>>>

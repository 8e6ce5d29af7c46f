-- ===== src/Gc/Stale.antt =====
-- A collection with an object that only a black upvalue holds: it is not marked.
use lulu.Prelude.{
  ℕ, zero, suc, ◌≡◌, refl, ap, ◌∙◌, ◌≢◌, inl, inr, true, false, Option, none, some, Option-cases,
  List, [], ◌∷◌, ◌++◌, map, arith, Bool-cases, ◌==◌,
}
use mathlib.Core.Path.{subst}
use lulu.Gc.{
  State, paused, marking, tracing, sweeping, Mark, is_gray, set_gray_from_white, set_black, Body,
  string, table, chunk, closure_c, closure_lua, userdata, upvalue, Global, ◌>>=◌, mark_at, body_at,
  put_mark, link_gray, link_object, gc_mark_object, gc_mark_value, gc_mark_array, mark_objects,
  mark_entries, blacken, closed_value, gc_blacken_upvalue, blacken_upvalues, gc_blacken_chunk,
  gc_blacken_table, gc_blacken_userdata, blacken_closure_c, blacken_closure_lua, blacken_body,
  gc_blacken_object, tail,
}
use lulu.Gc.Marking.{has}
use lulu.Gc.Blacken.{references, entry_values}
use lulu.Gc.Reach.{has_value, list_cases}
use lulu.Gc.Roots.{root_values}
use lulu.Gc.Collect.{Roots, trace_loop, end_trace, gc_mark_roots}
use lulu.Gc.Sweep.{flatten}

module _ (v : ℕ) where
  abbrev pub Lacks : List (Option ℕ) → Type 0
  Lacks vs = has_value vs v ≡ false

  Lacks-append : (vs ws : List (Option ℕ)) → Lacks (vs ++ ws) → Lacks vs × Lacks ws
  Lacks-append [] ws h = (refl, h)
  Lacks-append (none ∷ vs) ws h = Lacks-append vs ws h
  Lacks-append (some b ∷ vs) ws h =
      let (s, t) = Lacks-append vs ws (ground (arith, h)) in (ground (arith, h, s), t)

module _ (a v : ℕ) where
  -- `v` is not marked, `a` is black, and nothing but `a` refers to `v`.
  pub record IsMissed (g : Global) : Type 0 where
    pub white : (mark_at g v).white ≡ true
    pub not_black : (mark_at g v).black ≡ false
    pub not_fixed : (mark_at g v).fixed ≡ false
    pub black : (mark_at g a).black ≡ true
    pub alone : (x : ℕ) → x ≢ a → Lacks v (references (body_at g x))
    pub in_objects : has g.objects v ≡ true
    pub no_string : has (flatten g.intern) v ≡ false

  -- Where the run ends, it leaves such a state.
  unfoldable pub StaysMissed : Option Global → Type 0
  StaysMissed none = Unit
  StaysMissed (some g) = IsMissed g

  pub StaysMissed-bind :
      (r : Option Global) (f : Global → Option Global)
      → StaysMissed r
      → ((g : Global) → IsMissed g → StaysMissed (f g))
      → StaysMissed (r >>= f)
  unfolding StaysMissed
  StaysMissed-bind none f p q = tt
  StaysMissed-bind (some g) f p q = q g p

  put_mark-IsMissed :
      (g : Global) (x : ℕ) (m : Mark)
      → IsMissed g
      → x ≢ v
      → (x ≡ a → m.black ≡ true)
      → IsMissed (put_mark g x m)
  unfolding put_mark
  put_mark-IsMissed g x m k n b =
      let other : (v == x) ≡ false = ground (arith, n) in
      record {
        white = rw (mark_at, other) k.white;
        not_black = rw (mark_at, other) k.not_black;
        not_fixed = rw (mark_at, other) k.not_fixed;
        black = elim (Bool-cases (a == x)) [
          | inl q ↦ rw (mark_at, q) (b (ground (arith, q)))
          | inr q ↦ rw (mark_at, q) k.black
        ];
        alone = λ y apart. elim (Bool-cases (y == x)) [
          | inl q ↦ rw (body_at, q) (k.alone y apart)
          | inr q ↦ rw (body_at, q) (k.alone y apart)
        ];
        in_objects = k.in_objects;
        no_string = k.no_string;
      }

  gray-IsMissed :
      (g : Global) (gray : List ℕ) (gray_tail : Option ℕ)
      → IsMissed g
      → IsMissed (record g { gray = gray; gray_tail = gray_tail })
  gray-IsMissed g gray gray_tail k = record {
    white = k.white;
    not_black = k.not_black;
    not_fixed = k.not_fixed;
    black = k.black;
    alone = k.alone;
    in_objects = k.in_objects;
    no_string = k.no_string;
  }

  pub state-IsMissed :
      (g : Global) (state : State) → IsMissed g → IsMissed (record g { gc_state = state })
  state-IsMissed g state k = record {
    white = k.white;
    not_black = k.not_black;
    not_fixed = k.not_fixed;
    black = k.black;
    alone = k.alone;
    in_objects = k.in_objects;
    no_string = k.no_string;
  }

  link_gray-StaysMissed :
      (g : Global) (x : ℕ) (s : State) → IsMissed g → StaysMissed (link_gray g x s)
  unfolding link_gray StaysMissed
  link_gray-StaysMissed g x marking k = gray-IsMissed g _ _ k
  link_gray-StaysMissed g x tracing k = elim (Option-cases g.gray_tail) [
    | inl q ↦ rw (link_gray, q) tt
    | inr (t, q) ↦ rw (link_gray, q) (gray-IsMissed g _ _ k)
  ]
  link_gray-StaysMissed g x paused k = tt
  link_gray-StaysMissed g x sweeping k = tt

  link_object-StaysMissed :
      (g : Global) (x : ℕ) (b : Body) → IsMissed g → StaysMissed (link_object g x b)
  unfolding link_object StaysMissed
  link_object-StaysMissed g x string k = k
  link_object-StaysMissed g x (upvalue u) k = tt
  link_object-StaysMissed g x _ k = link_gray-StaysMissed g x g.gc_state k

  gc_mark_object-StaysMissed :
      (g : Global) (x : ℕ) → x ≢ v → IsMissed g → StaysMissed (gc_mark_object g x)
  unfolding gc_mark_object set_gray_from_white StaysMissed
  gc_mark_object-StaysMissed g x n k = elim (Bool-cases (mark_at g x).white) [
    | inr q ↦ rw (gc_mark_object, q) k
    | inl q ↦
        rw (gc_mark_object, q)
          (link_object-StaysMissed (put_mark g x (set_gray_from_white (mark_at g x))) x
            (body_at g x)
            (put_mark-IsMissed g x _ k n (λ e. ap (λ y. (mark_at g y).black) e ∙ k.black)))
  ]

  gc_mark_value-StaysMissed :
      (g : Global) (o : Option ℕ) → Lacks v (o ∷ []) → IsMissed g → StaysMissed (gc_mark_value g o)
  unfolding gc_mark_value StaysMissed
  gc_mark_value-StaysMissed g none h k = k
  gc_mark_value-StaysMissed g (some x) h k =
      gc_mark_object-StaysMissed g x (λ e. absurd (ground (arith, e, h))) k

  first : (o : Option ℕ) (vs : List (Option ℕ)) → Lacks v (o ∷ vs) → Lacks v (o ∷ []) × Lacks v vs
  first o vs h = Lacks-append v (o ∷ []) vs h

  some-apart : (x : ℕ) (vs : List (Option ℕ)) → Lacks v (some x ∷ vs) → x ≢ v
  some-apart x vs h e = absurd (ground (arith, e, h))

  gc_mark_array-StaysMissed :
      (g : Global) (vs : List (Option ℕ))
      → Lacks v vs
      → IsMissed g
      → StaysMissed (gc_mark_array g vs)
  unfolding gc_mark_array StaysMissed
  gc_mark_array-StaysMissed g [] h k = k
  gc_mark_array-StaysMissed g (o ∷ vs) h k =
      let (s, t) = first o vs h in
      StaysMissed-bind (gc_mark_value g o) _ (gc_mark_value-StaysMissed g o s k)
        (λ i l. gc_mark_array-StaysMissed i vs t l)

  mark_objects-StaysMissed :
      (g : Global) (xs : List ℕ)
      → Lacks v (map some xs)
      → IsMissed g
      → StaysMissed (mark_objects g xs)
  unfolding mark_objects StaysMissed
  mark_objects-StaysMissed g [] h k = k
  mark_objects-StaysMissed g (x ∷ xs) h k =
      let (s, t) = first (some x) (map some xs) h in
      StaysMissed-bind (gc_mark_object g x) _ (gc_mark_object-StaysMissed g x (some-apart x [] s) k)
        (λ i l. mark_objects-StaysMissed i xs t l)

  mark_entries-StaysMissed :
      (g : Global) (es : List (Option ℕ × Option ℕ))
      → Lacks v (entry_values es)
      → IsMissed g
      → StaysMissed (mark_entries g es)
  unfolding mark_entries StaysMissed
  mark_entries-StaysMissed g [] h k = k
  mark_entries-StaysMissed g ((o, w) ∷ es) h k =
      let (s, t) = first o (w ∷ entry_values es) h in
      let (s', t') = first w (entry_values es) t in
      StaysMissed-bind (gc_mark_value g o) _ (gc_mark_value-StaysMissed g o s k) (λ i l.
        StaysMissed-bind (gc_mark_value i w) _ (gc_mark_value-StaysMissed i w s' l)
          (λ j m. mark_entries-StaysMissed j es t' m))

  blacken-IsMissed : (g : Global) (x : ℕ) → x ≢ v → IsMissed g → IsMissed (blacken g x)
  unfolding set_black
  blacken-IsMissed g x n k = put_mark-IsMissed g x _ k n (λ e. refl)

  closed-Lacks : (b : Body) → Lacks v (references b) → Lacks v (closed_value b ∷ [])
  unfolding references
  closed-Lacks (upvalue u) h = h
  closed-Lacks _ h = refl

  gc_blacken_upvalue-StaysMissed :
      (g : Global) (o : Option ℕ)
      → Lacks v (o ∷ [])
      → IsMissed g
      → StaysMissed (gc_blacken_upvalue g o)
  unfolding gc_blacken_upvalue StaysMissed
  gc_blacken_upvalue-StaysMissed g none h k = k
  gc_blacken_upvalue-StaysMissed g (some u) h k = elim (Bool-cases (mark_at g u).black) [
    | inl q ↦ rw (gc_blacken_upvalue, q) k
    | inr q ↦
        let apart : u ≢ a = λ e. absurd (cc (q, ap (λ y. (mark_at g y).black) e, k.black)) in
        rw (gc_blacken_upvalue, q)
          (StaysMissed-bind (gc_mark_value g (closed_value (body_at g u))) _
            (gc_mark_value-StaysMissed g _ (closed-Lacks (body_at g u) (k.alone u apart)) k)
            (λ i l. blacken-IsMissed i u (some-apart u [] h) l))
  ]

  blacken_upvalues-StaysMissed :
      (g : Global) (us : List (Option ℕ))
      → Lacks v us
      → IsMissed g
      → StaysMissed (blacken_upvalues g us)
  unfolding blacken_upvalues StaysMissed
  blacken_upvalues-StaysMissed g [] h k = k
  blacken_upvalues-StaysMissed g (o ∷ us) h k =
      let (s, t) = first o us h in
      StaysMissed-bind (gc_blacken_upvalue g o) _ (gc_blacken_upvalue-StaysMissed g o s k)
        (λ i l. blacken_upvalues-StaysMissed i us t l)

  chunk-StaysMissed :
      (g : Global) (x : ℕ) (locals upvalues : List ℕ) (constants : List (Option ℕ))
      (children : List ℕ) (source : ℕ)
      → x ≢ v
      → Lacks v (references (chunk locals upvalues constants children source))
      → IsMissed g
      → StaysMissed (gc_blacken_chunk g x locals upvalues constants children source)
  unfolding gc_blacken_chunk references
  chunk-StaysMissed g x locals upvalues constants children source n h k =
      let (l, h') = Lacks-append v (map some locals) _ h in
      let (u, h'') = Lacks-append v (map some upvalues) _ h' in
      let (c, h''') = Lacks-append v constants _ h'' in
      let (d, s) = Lacks-append v (map some children) _ h''' in
      StaysMissed-bind (mark_objects (blacken g x) locals) _
        (mark_objects-StaysMissed (blacken g x) locals l (blacken-IsMissed g x n k))
        (λ i k.
          StaysMissed-bind (mark_objects i upvalues) _ (mark_objects-StaysMissed i upvalues u k)
            (λ i k.
              StaysMissed-bind (gc_mark_array i constants) _
                (gc_mark_array-StaysMissed i constants c k)
                (λ i k.
                  StaysMissed-bind (mark_objects i children) _
                    (mark_objects-StaysMissed i children d k)
                    (λ i k. gc_mark_object-StaysMissed i source (some-apart source [] s) k))))

  blacken_body-StaysMissed :
      (g : Global) (x : ℕ) (b : Body)
      → x ≢ v
      → Lacks v (references b)
      → IsMissed g
      → StaysMissed (blacken_body g x b)
  unfolding blacken_body gc_blacken_table gc_blacken_userdata blacken_closure_c blacken_closure_lua
      references StaysMissed
  blacken_body-StaysMissed g x (table metatable array entries) n h k =
      let (m, h') = first metatable _ h in
      let (l, e) = Lacks-append v array _ h' in
      StaysMissed-bind (gc_mark_value (blacken g x) metatable) _
        (gc_mark_value-StaysMissed (blacken g x) metatable m (blacken-IsMissed g x n k))
        (λ i k.
          StaysMissed-bind (gc_mark_array i array) _ (gc_mark_array-StaysMissed i array l k)
            (λ i k. mark_entries-StaysMissed i entries e k))
  blacken_body-StaysMissed g x (closure_c upvalues) n h k =
      StaysMissed-bind (gc_mark_array g upvalues) _ (gc_mark_array-StaysMissed g upvalues h k)
        (λ i k. blacken-IsMissed i x n k)
  blacken_body-StaysMissed g x (closure_lua p upvalues) n h k =
      let (s, u) = first (some p) upvalues h in
      StaysMissed-bind (gc_mark_object g p) _ (gc_mark_object-StaysMissed g p (some-apart p [] s) k)
        (λ i k.
          StaysMissed-bind (blacken_upvalues i upvalues) _
            (blacken_upvalues-StaysMissed i upvalues u k) (λ i k. blacken-IsMissed i x n k))
  blacken_body-StaysMissed g x (chunk locals upvalues constants children source) n h k =
      chunk-StaysMissed g x locals upvalues constants children source n h k
  blacken_body-StaysMissed g x (userdata metatable) n h k =
      gc_mark_value-StaysMissed (blacken g x) metatable h (blacken-IsMissed g x n k)
  blacken_body-StaysMissed g x _ n h k = tt

  -- A gray object is neither `a` nor `v`.
  gc_blacken_object-StaysMissed :
      (g : Global) (x : ℕ) → IsMissed g → StaysMissed (gc_blacken_object g x)
  unfolding gc_blacken_object StaysMissed is_gray
  gc_blacken_object-StaysMissed g x k = elim (Bool-cases (is_gray (mark_at g x))) [
    | inr q ↦ rw (gc_blacken_object, q) tt
    | inl q ↦
        let gray : ((mark_at g x).white ≡ false) × ((mark_at g x).black ≡ false) =
          ground (arith, q) in
        let not_v : x ≢ v = λ e. absurd (cc (gray.0, ap (λ y. (mark_at g y).white) e, k.white)) in
        let not_a : x ≢ a = λ e. absurd (cc (gray.1, ap (λ y. (mark_at g y).black) e, k.black)) in
        rw (gc_blacken_object, q)
          (blacken_body-StaysMissed g x (body_at g x) not_v (k.alone x not_a) k)
  ]

  pub trace_loop-StaysMissed :
      (fuel : ℕ) (g : Global) → IsMissed g → StaysMissed (end_trace (trace_loop fuel g))
  unfolding trace_loop end_trace StaysMissed
  trace_loop-StaysMissed zero g k = elim (list_cases g.gray) [
    | inl e ↦ rw (trace_loop, e) (gray-IsMissed g g.gray none k)
    | inr (x, more, e) ↦ rw (trace_loop, e) tt
  ]
  trace_loop-StaysMissed (suc fuel) g k = elim (list_cases g.gray) [
    | inl e ↦ rw (trace_loop, e) (gray-IsMissed g g.gray none k)
    | inr (x, more, e) ↦ elim (Option-cases (gc_blacken_object g x)) [
      | inl q ↦ rw (trace_loop, e, q) tt
      | inr (i, q) ↦
          let l : IsMissed i = subst StaysMissed q (gc_blacken_object-StaysMissed g x k) in
          rw (trace_loop, e, q)
            (trace_loop-StaysMissed fuel (record i { gray = tail i.gray })
              (gray-IsMissed i (tail i.gray) i.gray_tail l))
    ]
  ]

  pub gc_mark_roots-StaysMissed :
      (g : Global) (r : Roots)
      → Lacks v (root_values r)
      → IsMissed g
      → StaysMissed (gc_mark_roots g r)
  unfolding gc_mark_roots
  gc_mark_roots-StaysMissed g r h k =
      let (s, h) = Lacks-append v r.stack _ h in
      let (f, h) = Lacks-append v (map some r.frames) _ h in
      let (o, h) = Lacks-append v (map some r.open_upvalues) _ h in
      let (m, h) = Lacks-append v r.mt_basic _ h in
      let (e, w) = first r.registry _ h in
      let start = record g { gc_state = marking } in
      StaysMissed-bind (gc_mark_array start r.stack) _
        (gc_mark_array-StaysMissed start r.stack s (state-IsMissed g marking k))
        (λ i k.
          StaysMissed-bind (mark_objects i r.frames) _ (mark_objects-StaysMissed i r.frames f k)
            (λ i k.
              StaysMissed-bind (blacken_upvalues i (map some r.open_upvalues)) _
                (blacken_upvalues-StaysMissed i _ o k)
                (λ i k.
                  StaysMissed-bind (gc_mark_array i r.mt_basic) _
                    (gc_mark_array-StaysMissed i r.mt_basic m k)
                    (λ i k.
                      StaysMissed-bind (gc_mark_value i r.registry) _
                        (gc_mark_value-StaysMissed i r.registry e k)
                        (λ i k. gc_mark_value-StaysMissed i r.globals w k)))))
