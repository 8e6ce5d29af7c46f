-- ===== src/Gc/Missed.antt =====
-- A collection frees an object that only a black upvalue holds.
use lulu.Prelude.{
  ℕ, ◌≡◌, refl, ap, ◌∙◌, ◌≢◌, inl, inr, true, false, ◌||◌, Option, none, some, List, [], ◌∷◌, ◌++◌,
  arith, Bool-cases, ◌==◌,
}
use mathlib.Core.Path.{subst}
use lulu.Gc.{paused, tracing, sweeping, Mark, is_gray, set_white, Global, ◌>>=◌, mark_at, put_mark}
use lulu.Gc.Marking.{has}
use lulu.Gc.Sweep.{flatten}
use lulu.Gc.Roots.{root_values}
use lulu.Gc.Stale.{
  Lacks, IsMissed, StaysMissed, state-IsMissed, trace_loop-StaysMissed, gc_mark_roots-StaysMissed,
}
use lulu.Gc.Collect.{
  Roots, gc_trace_references, gc_mark_roots, free, remove_strings, remove_lists, gc_remove_intern,
  sweep_list, gc_sweep, gc_collect_garbage,
}

has-append : (v : ℕ) (l k : List ℕ) → has (l ++ k) v ≡ false → (has l v ≡ false) × (has k v ≡ false)
has-append v [] k h = (refl, h)
has-append v (b ∷ l) k h =
    let (s, t) = has-append v l k (ground (arith, h)) in (ground (arith, h, s), t)

module _ (v : ℕ) where
  -- The two states have the same objects and the same mark at `v`.
  pub record Leaves (g h : Global) : Type 0 where
    pub mark : mark_at h v ≡ mark_at g v
    pub objects : h.objects ≡ g.objects

  Leaves-trans : {g h i : Global} → Leaves g h → Leaves h i → Leaves g i
  Leaves-trans p q = record { mark = q.mark ∙ p.mark; objects = q.objects ∙ p.objects }

  put_mark-at : (g : Global) (x : ℕ) (m : Mark) → v ≢ x → mark_at (put_mark g x m) v ≡ mark_at g v
  unfolding put_mark
  put_mark-at g x m n = let other : (v == x) ≡ false = ground (arith, n) in rw (mark_at, other) refl

  remove_strings-Leaves :
      (g : Global) (l : List ℕ) → has l v ≡ false → Leaves g (remove_strings g l).1
  unfolding remove_strings put_mark
  remove_strings-Leaves g [] h = record { mark = refl; objects = refl }
  remove_strings-Leaves g (b ∷ l) h =
      let apart : v ≢ b = λ e. absurd (ground (arith, e, h)) in
      elim (Bool-cases (is_gray (mark_at g b) || (mark_at g b).fixed)) [
        | inl q ↦
            let p = put_mark-at g b (set_white (mark_at g b)) apart in
            let r =
              remove_strings-Leaves (put_mark g b (set_white (mark_at g b))) l
                (ground (arith, h)) in
            rw (remove_strings, q) (record { mark = r.mark ∙ p; objects = r.objects })
        | inr q ↦
            let r = remove_strings-Leaves (free g b) l (ground (arith, h)) in
            rw (remove_strings, q) (record { mark = r.mark; objects = r.objects })
      ]

  remove_lists-Leaves :
      (g : Global) (ls : List (List ℕ))
      → has (flatten ls) v ≡ false
      → Leaves g (remove_lists g ls).1
  unfolding remove_lists
  remove_lists-Leaves g [] h = record { mark = refl; objects = refl }
  remove_lists-Leaves g (l ∷ ls) h =
      let (s, t) = has-append v l (flatten ls) h in
      Leaves-trans (remove_strings-Leaves g l s) (remove_lists-Leaves (remove_strings g l).1 ls t)

  gc_remove_intern-Leaves :
      (g : Global) → has (flatten g.intern) v ≡ false → Leaves g (gc_remove_intern g)
  unfolding gc_remove_intern
  gc_remove_intern-Leaves g h =
      let r = remove_lists-Leaves g g.intern h in record { mark = r.mark; objects = r.objects }

  -- Where the sweep ends, `v` is freed.
  unfoldable Frees : Option (List ℕ × Global) → Type 0
  Frees none = Unit
  Frees (some (kept, g)) = has g.freed v ≡ true

  -- One more object is kept.
  Frees-keep :
      (b : ℕ) (r : Option (List ℕ × Global)) → Frees r → Frees (r >>= (λ p. some (b ∷ p.0, p.1)))
  unfolding Frees
  Frees-keep b none f = tt
  Frees-keep b (some (kept, g)) f = f

  sweep_list-freed : (g : Global) (l : List ℕ) → has g.freed v ≡ true → Frees (sweep_list g l)
  unfolding sweep_list Frees put_mark
  sweep_list-freed g [] h = h
  sweep_list-freed g (b ∷ l) h = elim (Bool-cases ((mark_at g b).black || (mark_at g b).fixed)) [
    | inl q ↦
        rw (sweep_list, q)
          (Frees-keep b _ (sweep_list-freed (put_mark g b (set_white (mark_at g b))) l h))
    | inr q ↦ elim (Bool-cases (is_gray (mark_at g b))) [
      | inl r ↦ rw (sweep_list, q, r) tt
      | inr r ↦ rw (sweep_list, q, r) (sweep_list-freed (free g b) l (ground (arith, h)))
    ]
  ]

  sweep_list-white :
      (g : Global) (l : List ℕ)
      → (mark_at g v).black ≡ false
      → (mark_at g v).fixed ≡ false
      → has l v ≡ true
      → Frees (sweep_list g l)
  unfolding sweep_list Frees
  sweep_list-white g [] n f h = absurd (cc h)
  sweep_list-white g (b ∷ l) n f h =
      elim (Bool-cases ((mark_at g b).black || (mark_at g b).fixed)) [
        | inl q ↦
            let apart : v ≢ b = λ e. absurd (ground (arith, q, n, f, ap (λ y. mark_at g y) e)) in
            let p = put_mark-at g b (set_white (mark_at g b)) apart in
            rw (sweep_list, q)
              (Frees-keep b _ (
                sweep_list-white (put_mark g b (set_white (mark_at g b))) l
                  (ap (λ m. m.black) p ∙ n) (ap (λ m. m.fixed) p ∙ f) (ground (arith, h, apart))))
        | inr q ↦ elim (Bool-cases (is_gray (mark_at g b))) [
          | inl r ↦ rw (sweep_list, q, r) tt
          | inr r ↦
              rw (sweep_list, q, r)
                (elim (Bool-cases (b == v)) [
                  | inl e ↦ sweep_list-freed (free g b) l (ground (arith, e))
                  | inr e ↦ sweep_list-white (free g b) l n f (ground (arith, h, e))
                ])
        ]
      ]

  unfoldable FreesIn : Option Global → Type 0
  FreesIn none = Unit
  FreesIn (some g) = has g.freed v ≡ true

  -- the end of `gc_sweep` and that of `gc_collect_garbage`
  sweep-FreesIn :
      (r : Option (List ℕ × Global))
      → Frees r
      → FreesIn (
          r
          >>= (λ p. some (record p.1 { objects = p.0 }))
          >>= (λ j. some (record j { gc_state = paused })))
  unfolding Frees FreesIn
  sweep-FreesIn none f = tt
  sweep-FreesIn (some (kept, g)) f = f

module _ (a v : ℕ) where
  FreesIn-bind :
      (r : Option Global) (f : Global → Option Global)
      → StaysMissed a v r
      → ((g : Global) → IsMissed a v g → FreesIn v (f g))
      → FreesIn v (r >>= f)
  unfolding StaysMissed FreesIn
  FreesIn-bind none f p q = tt
  FreesIn-bind (some g) f p q = q g p

  end-FreesIn :
      (g : Global)
      → IsMissed a v g
      → FreesIn v (gc_sweep (gc_remove_intern g) >>= (λ j. some (record j { gc_state = paused })))
  unfolding gc_sweep FreesIn
  end-FreesIn g k =
      let l = gc_remove_intern-Leaves v g k.no_string in
      let i = gc_remove_intern g in
      let f : Frees v (sweep_list (record i { gc_state = sweeping }) i.objects) =
        sweep_list-white v (record i { gc_state = sweeping }) i.objects
          (ap (λ m. m.black) l.mark ∙ k.not_black) (ap (λ m. m.fixed) l.mark ∙ k.not_fixed)
          (ap (λ o. has o v) l.objects ∙ k.in_objects) in
      sweep-FreesIn v (sweep_list (record i { gc_state = sweeping }) i.objects) f

  gc_collect_garbage-FreesIn :
      (fuel : ℕ) (g : Global) (r : Roots)
      → Lacks v (root_values r)
      → IsMissed a v g
      → FreesIn v (gc_collect_garbage fuel g r)
  unfolding gc_collect_garbage gc_trace_references
  gc_collect_garbage-FreesIn fuel g r h k =
      FreesIn-bind (gc_mark_roots g r) _ (gc_mark_roots-StaysMissed a v g r h k) (λ i k.
        FreesIn-bind (gc_trace_references fuel i) _
          (trace_loop-StaysMissed a v fuel (record i { gc_state = tracing })
            (state-IsMissed a v i tracing k))
          (λ i k. end-FreesIn i k))

  -- A collection that ends frees `v`.
  pub gc_collect_garbage-freed :
      (fuel : ℕ) (g h : Global) (r : Roots)
      → Lacks v (root_values r)
      → IsMissed a v g
      → gc_collect_garbage fuel g r ≡ some h
      → has h.freed v ≡ true
  unfolding FreesIn
  gc_collect_garbage-freed fuel g h r l k e =
      subst (FreesIn v) e (gc_collect_garbage-FreesIn fuel g r l k)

<<<

WHAT TO PRODUCE
In the lines above, find the word "locals" and copy each line that contains it.

ANSWER SPACE
      (g : Global) (x : ℕ) (locals upvalues : List ℕ) (constants : List (Option ℕ))
      → Lacks v (references (chunk locals upvalues constants children source))
      → StaysMissed (gc_blacken_chunk g x locals upvalues constants children source)
  chunk-StaysMissed g x locals upvalues constants children source n h k =
      let (l, h') = Lacks-append v (map some locals) _ h in
      StaysMissed-bind (mark_objects (blacken g x) locals) _
        (mark_objects-StaysMissed (blacken g x) locals l (blacken-IsMissed g x n k))
  blacken_body-StaysMissed g x (chunk locals upvalues constants children source) n h k =
      chunk-StaysMissed g x locals upvalues constants children source n h k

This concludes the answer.